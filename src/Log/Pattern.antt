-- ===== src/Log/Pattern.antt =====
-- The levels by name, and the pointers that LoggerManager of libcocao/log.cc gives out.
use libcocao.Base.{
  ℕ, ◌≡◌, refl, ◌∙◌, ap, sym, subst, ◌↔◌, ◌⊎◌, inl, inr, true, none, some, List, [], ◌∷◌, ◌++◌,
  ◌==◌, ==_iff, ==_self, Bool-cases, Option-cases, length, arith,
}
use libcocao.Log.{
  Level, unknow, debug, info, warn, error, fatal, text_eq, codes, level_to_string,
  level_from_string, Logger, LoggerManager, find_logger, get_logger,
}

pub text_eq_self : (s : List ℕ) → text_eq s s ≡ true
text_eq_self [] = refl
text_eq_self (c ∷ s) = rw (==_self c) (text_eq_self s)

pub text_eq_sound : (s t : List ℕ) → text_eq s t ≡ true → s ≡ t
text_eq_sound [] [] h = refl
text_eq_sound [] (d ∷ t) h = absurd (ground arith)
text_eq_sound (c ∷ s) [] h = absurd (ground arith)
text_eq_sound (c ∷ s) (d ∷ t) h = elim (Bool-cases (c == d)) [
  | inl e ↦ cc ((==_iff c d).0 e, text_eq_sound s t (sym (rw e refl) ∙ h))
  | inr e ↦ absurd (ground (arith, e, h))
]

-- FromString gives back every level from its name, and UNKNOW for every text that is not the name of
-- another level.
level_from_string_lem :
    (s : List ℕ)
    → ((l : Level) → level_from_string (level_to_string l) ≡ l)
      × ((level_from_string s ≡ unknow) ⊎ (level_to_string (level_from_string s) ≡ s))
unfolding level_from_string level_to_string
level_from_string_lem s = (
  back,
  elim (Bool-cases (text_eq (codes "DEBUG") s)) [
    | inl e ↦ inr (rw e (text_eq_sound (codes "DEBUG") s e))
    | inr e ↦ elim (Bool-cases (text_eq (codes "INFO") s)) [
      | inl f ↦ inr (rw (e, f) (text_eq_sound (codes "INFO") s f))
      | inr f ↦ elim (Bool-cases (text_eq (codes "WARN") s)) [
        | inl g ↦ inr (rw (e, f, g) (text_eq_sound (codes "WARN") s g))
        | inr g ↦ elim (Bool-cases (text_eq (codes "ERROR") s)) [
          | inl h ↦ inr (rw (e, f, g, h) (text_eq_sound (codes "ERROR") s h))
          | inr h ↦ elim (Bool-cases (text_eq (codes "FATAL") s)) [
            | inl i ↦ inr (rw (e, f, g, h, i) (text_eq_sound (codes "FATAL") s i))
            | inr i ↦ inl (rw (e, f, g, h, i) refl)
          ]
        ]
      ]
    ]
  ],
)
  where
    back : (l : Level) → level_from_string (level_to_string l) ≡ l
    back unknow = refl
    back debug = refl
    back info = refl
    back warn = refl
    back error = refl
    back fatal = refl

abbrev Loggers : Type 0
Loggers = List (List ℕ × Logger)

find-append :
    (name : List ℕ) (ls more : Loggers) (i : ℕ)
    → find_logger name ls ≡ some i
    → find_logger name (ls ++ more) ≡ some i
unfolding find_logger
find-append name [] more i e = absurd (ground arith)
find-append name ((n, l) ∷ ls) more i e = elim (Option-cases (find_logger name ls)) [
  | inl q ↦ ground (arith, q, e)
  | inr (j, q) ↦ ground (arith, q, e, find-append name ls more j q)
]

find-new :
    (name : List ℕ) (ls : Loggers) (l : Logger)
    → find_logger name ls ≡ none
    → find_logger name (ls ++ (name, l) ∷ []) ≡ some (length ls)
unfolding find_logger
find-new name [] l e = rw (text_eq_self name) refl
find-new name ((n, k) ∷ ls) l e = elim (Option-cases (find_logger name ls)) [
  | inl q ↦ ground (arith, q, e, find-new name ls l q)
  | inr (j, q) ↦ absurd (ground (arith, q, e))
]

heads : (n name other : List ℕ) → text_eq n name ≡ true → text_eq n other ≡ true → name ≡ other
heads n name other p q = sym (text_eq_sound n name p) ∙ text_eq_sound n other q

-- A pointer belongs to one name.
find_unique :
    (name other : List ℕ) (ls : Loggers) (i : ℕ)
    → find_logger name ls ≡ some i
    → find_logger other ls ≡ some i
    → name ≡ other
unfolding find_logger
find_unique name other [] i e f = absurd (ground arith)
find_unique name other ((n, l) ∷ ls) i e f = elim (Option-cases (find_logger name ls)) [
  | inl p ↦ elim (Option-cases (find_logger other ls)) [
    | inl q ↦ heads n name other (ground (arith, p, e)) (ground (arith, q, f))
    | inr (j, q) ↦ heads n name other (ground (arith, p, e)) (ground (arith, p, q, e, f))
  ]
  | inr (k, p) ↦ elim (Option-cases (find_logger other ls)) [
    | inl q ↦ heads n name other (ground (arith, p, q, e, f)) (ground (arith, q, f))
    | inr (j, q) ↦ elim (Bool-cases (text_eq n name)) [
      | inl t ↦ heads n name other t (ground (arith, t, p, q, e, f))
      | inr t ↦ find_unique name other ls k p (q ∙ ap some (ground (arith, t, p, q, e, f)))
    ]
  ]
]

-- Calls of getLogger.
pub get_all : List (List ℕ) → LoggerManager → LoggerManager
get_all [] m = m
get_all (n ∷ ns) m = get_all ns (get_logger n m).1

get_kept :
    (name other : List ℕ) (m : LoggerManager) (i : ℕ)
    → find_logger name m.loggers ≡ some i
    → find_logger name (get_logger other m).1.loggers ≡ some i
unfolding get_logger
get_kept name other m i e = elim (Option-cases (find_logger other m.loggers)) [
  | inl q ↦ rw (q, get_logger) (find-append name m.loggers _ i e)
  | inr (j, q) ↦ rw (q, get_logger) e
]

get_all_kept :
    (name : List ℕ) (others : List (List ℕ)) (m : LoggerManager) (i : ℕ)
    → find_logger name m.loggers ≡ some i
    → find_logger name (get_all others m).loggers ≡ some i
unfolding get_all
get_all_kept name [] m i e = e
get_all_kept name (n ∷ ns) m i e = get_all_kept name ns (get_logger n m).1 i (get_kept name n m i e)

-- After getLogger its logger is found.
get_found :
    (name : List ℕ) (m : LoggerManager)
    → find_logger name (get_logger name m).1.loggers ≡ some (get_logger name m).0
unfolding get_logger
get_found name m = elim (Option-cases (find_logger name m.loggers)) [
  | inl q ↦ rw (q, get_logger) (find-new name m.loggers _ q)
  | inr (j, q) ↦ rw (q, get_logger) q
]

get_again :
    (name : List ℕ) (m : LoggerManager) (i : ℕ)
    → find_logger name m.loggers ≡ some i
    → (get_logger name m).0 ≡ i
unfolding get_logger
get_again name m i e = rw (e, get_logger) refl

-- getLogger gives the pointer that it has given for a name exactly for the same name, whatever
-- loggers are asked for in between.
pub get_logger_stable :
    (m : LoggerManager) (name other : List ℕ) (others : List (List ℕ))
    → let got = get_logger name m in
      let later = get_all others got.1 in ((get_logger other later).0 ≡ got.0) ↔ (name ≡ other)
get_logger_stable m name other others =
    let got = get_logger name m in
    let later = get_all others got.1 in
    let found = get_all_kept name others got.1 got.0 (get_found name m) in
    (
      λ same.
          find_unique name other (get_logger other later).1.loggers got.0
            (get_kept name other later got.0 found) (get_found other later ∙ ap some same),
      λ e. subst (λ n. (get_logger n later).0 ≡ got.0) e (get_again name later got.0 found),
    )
****************
Repeat the entries exactly, leaving nothing out.

filename src/Log/Pattern.antt
-- ===== src/Log/Pattern.antt =====
-- The levels by name, and the pointers that LoggerManager of libcocao/log.cc gives out.
use libcocao.Base.{
  ℕ, ◌≡◌, refl, ◌∙◌, ap, sym, subst, ◌↔◌, ◌⊎◌, inl, inr, true, none, some, List, [], ◌∷◌, ◌++◌,
  ◌==◌, ==_iff, ==_self, Bool-cases, Option-cases, length, arith,
}
use libcocao.Log.{
  Level, unknow, debug, info, warn, error, fatal, text_eq, codes, level_to_string,
  level_from_string, Logger, LoggerManager, find_logger, get_logger,
}

pub text_eq_self : (s : List ℕ) → text_eq s s ≡ true
text_eq_self [] = refl
text_eq_self (c ∷ s) = rw (==_self c) (text_eq_self s)

pub text_eq_sound : (s t : List ℕ) → text_eq s t ≡ true → s ≡ t
text_eq_sound [] [] h = refl
text_eq_sound [] (d ∷ t) h = absurd (ground arith)
text_eq_sound (c ∷ s) [] h = absurd (ground arith)
text_eq_sound (c ∷ s) (d ∷ t) h = elim (Bool-cases (c == d)) [
  | inl e ↦ cc ((==_iff c d).0 e, text_eq_sound s t (sym (rw e refl) ∙ h))
  | inr e ↦ absurd (ground (arith, e, h))
]

-- FromString gives back every level from its name, and UNKNOW for every text that is not the name of
-- another level.
level_from_string_lem :
    (s : List ℕ)
    → ((l : Level) → level_from_string (level_to_string l) ≡ l)
      × ((level_from_string s ≡ unknow) ⊎ (level_to_string (level_from_string s) ≡ s))
unfolding level_from_string level_to_string
level_from_string_lem s = (
  back,
  elim (Bool-cases (text_eq (codes "DEBUG") s)) [
    | inl e ↦ inr (rw e (text_eq_sound (codes "DEBUG") s e))
    | inr e ↦ elim (Bool-cases (text_eq (codes "INFO") s)) [
      | inl f ↦ inr (rw (e, f) (text_eq_sound (codes "INFO") s f))
      | inr f ↦ elim (Bool-cases (text_eq (codes "WARN") s)) [
        | inl g ↦ inr (rw (e, f, g) (text_eq_sound (codes "WARN") s g))
        | inr g ↦ elim (Bool-cases (text_eq (codes "ERROR") s)) [
          | inl h ↦ inr (rw (e, f, g, h) (text_eq_sound (codes "ERROR") s h))
          | inr h ↦ elim (Bool-cases (text_eq (codes "FATAL") s)) [
            | inl i ↦ inr (rw (e, f, g, h, i) (text_eq_sound (codes "FATAL") s i))
            | inr i ↦ inl (rw (e, f, g, h, i) refl)
          ]
        ]
      ]
    ]
  ],
)
  where
    back : (l : Level) → level_from_string (level_to_string l) ≡ l
    back unknow = refl
    back debug = refl
    back info = refl
    back warn = refl
    back error = refl
    back fatal = refl

abbrev Loggers : Type 0
Loggers = List (List ℕ × Logger)

find-append :
    (name : List ℕ) (ls more : Loggers) (i : ℕ)
    → find_logger name ls ≡ some i
    → find_logger name (ls ++ more) ≡ some i
unfolding find_logger
find-append name [] more i e = absurd (ground arith)
find-append name ((n, l) ∷ ls) more i e = elim (Option-cases (find_logger name ls)) [
  | inl q ↦ ground (arith, q, e)
  | inr (j, q) ↦ ground (arith, q, e, find-append name ls more j q)
]

find-new :
    (name : List ℕ) (ls : Loggers) (l : Logger)
    → find_logger name ls ≡ none
    → find_logger name (ls ++ (name, l) ∷ []) ≡ some (length ls)
unfolding find_logger
find-new name [] l e = rw (text_eq_self name) refl
find-new name ((n, k) ∷ ls) l e = elim (Option-cases (find_logger name ls)) [
  | inl q ↦ ground (arith, q, e, find-new name ls l q)
  | inr (j, q) ↦ absurd (ground (arith, q, e))
]

heads : (n name other : List ℕ) → text_eq n name ≡ true → text_eq n other ≡ true → name ≡ other
heads n name other p q = sym (text_eq_sound n name p) ∙ text_eq_sound n other q

-- A pointer belongs to one name.
find_unique :
    (name other : List ℕ) (ls : Loggers) (i : ℕ)
    → find_logger name ls ≡ some i
    → find_logger other ls ≡ some i
    → name ≡ other
unfolding find_logger
find_unique name other [] i e f = absurd (ground arith)
find_unique name other ((n, l) ∷ ls) i e f = elim (Option-cases (find_logger name ls)) [
  | inl p ↦ elim (Option-cases (find_logger other ls)) [
    | inl q ↦ heads n name other (ground (arith, p, e)) (ground (arith, q, f))
    | inr (j, q) ↦ heads n name other (ground (arith, p, e)) (ground (arith, p, q, e, f))
  ]
  | inr (k, p) ↦ elim (Option-cases (find_logger other ls)) [
    | inl q ↦ heads n name other (ground (arith, p, q, e, f)) (ground (arith, q, f))
    | inr (j, q) ↦ elim (Bool-cases (text_eq n name)) [
      | inl t ↦ heads n name other t (ground (arith, t, p, q, e, f))
      | inr t ↦ find_unique name other ls k p (q ∙ ap some (ground (arith, t, p, q, e, f)))
    ]
  ]
]

-- Calls of getLogger.
pub get_all : List (List ℕ) → LoggerManager → LoggerManager
get_all [] m = m
get_all (n ∷ ns) m = get_all ns (get_logger n m).1

get_kept :
    (name other : List ℕ) (m : LoggerManager) (i : ℕ)
    → find_logger name m.loggers ≡ some i
    → find_logger name (get_logger other m).1.loggers ≡ some i
unfolding get_logger
get_kept name other m i e = elim (Option-cases (find_logger other m.loggers)) [
  | inl q ↦ rw (q, get_logger) (find-append name m.loggers _ i e)
  | inr (j, q) ↦ rw (q, get_logger) e
]

get_all_kept :
    (name : List ℕ) (others : List (List ℕ)) (m : LoggerManager) (i : ℕ)
    → find_logger name m.loggers ≡ some i
    → find_logger name (get_all others m).loggers ≡ some i
unfolding get_all
get_all_kept name [] m i e = e
get_all_kept name (n ∷ ns) m i e = get_all_kept name ns (get_logger n m).1 i (get_kept name n m i e)

-- After getLogger its logger is found.
get_found :
    (name : List ℕ) (m : LoggerManager)
    → find_logger name (get_logger name m).1.loggers ≡ some (get_logger name m).0
unfolding get_logger
get_found name m = elim (Option-cases (find_logger name m.loggers)) [
  | inl q ↦ rw (q, get_logger) (find-new name m.loggers _ q)
  | inr (j, q) ↦ rw (q, get_logger) q
]

get_again :
    (name : List ℕ) (m : LoggerManager) (i : ℕ)
    → find_logger name m.loggers ≡ some i
    → (get_logger name m).0 ≡ i
unfolding get_logger
get_again name m i e = rw (e, get_logger) refl

-- getLogger gives the pointer that it has given for a name exactly for the same name, whatever
-- loggers are asked for in between.
pub get_logger_stable :
    (m : LoggerManager) (name other : List ℕ) (others : List (List ℕ))
    → let got = get_logger name m in
      let later = get_all others got.1 in ((get_logger other later).0 ≡ got.0) ↔ (name ≡ other)
get_logger_stable m name other others =
    let got = get_logger name m in
    let later = get_all others got.1 in
    let found = get_all_kept name others got.1 got.0 (get_found name m) in
    (
      λ same.
          find_unique name other (get_logger other later).1.loggers got.0
            (get_kept name other later got.0 found) (get_found other later ∙ ap some same),
      λ e. subst (λ n. (get_logger n later).0 ≡ got.0) e (get_again name later got.0 found),
    )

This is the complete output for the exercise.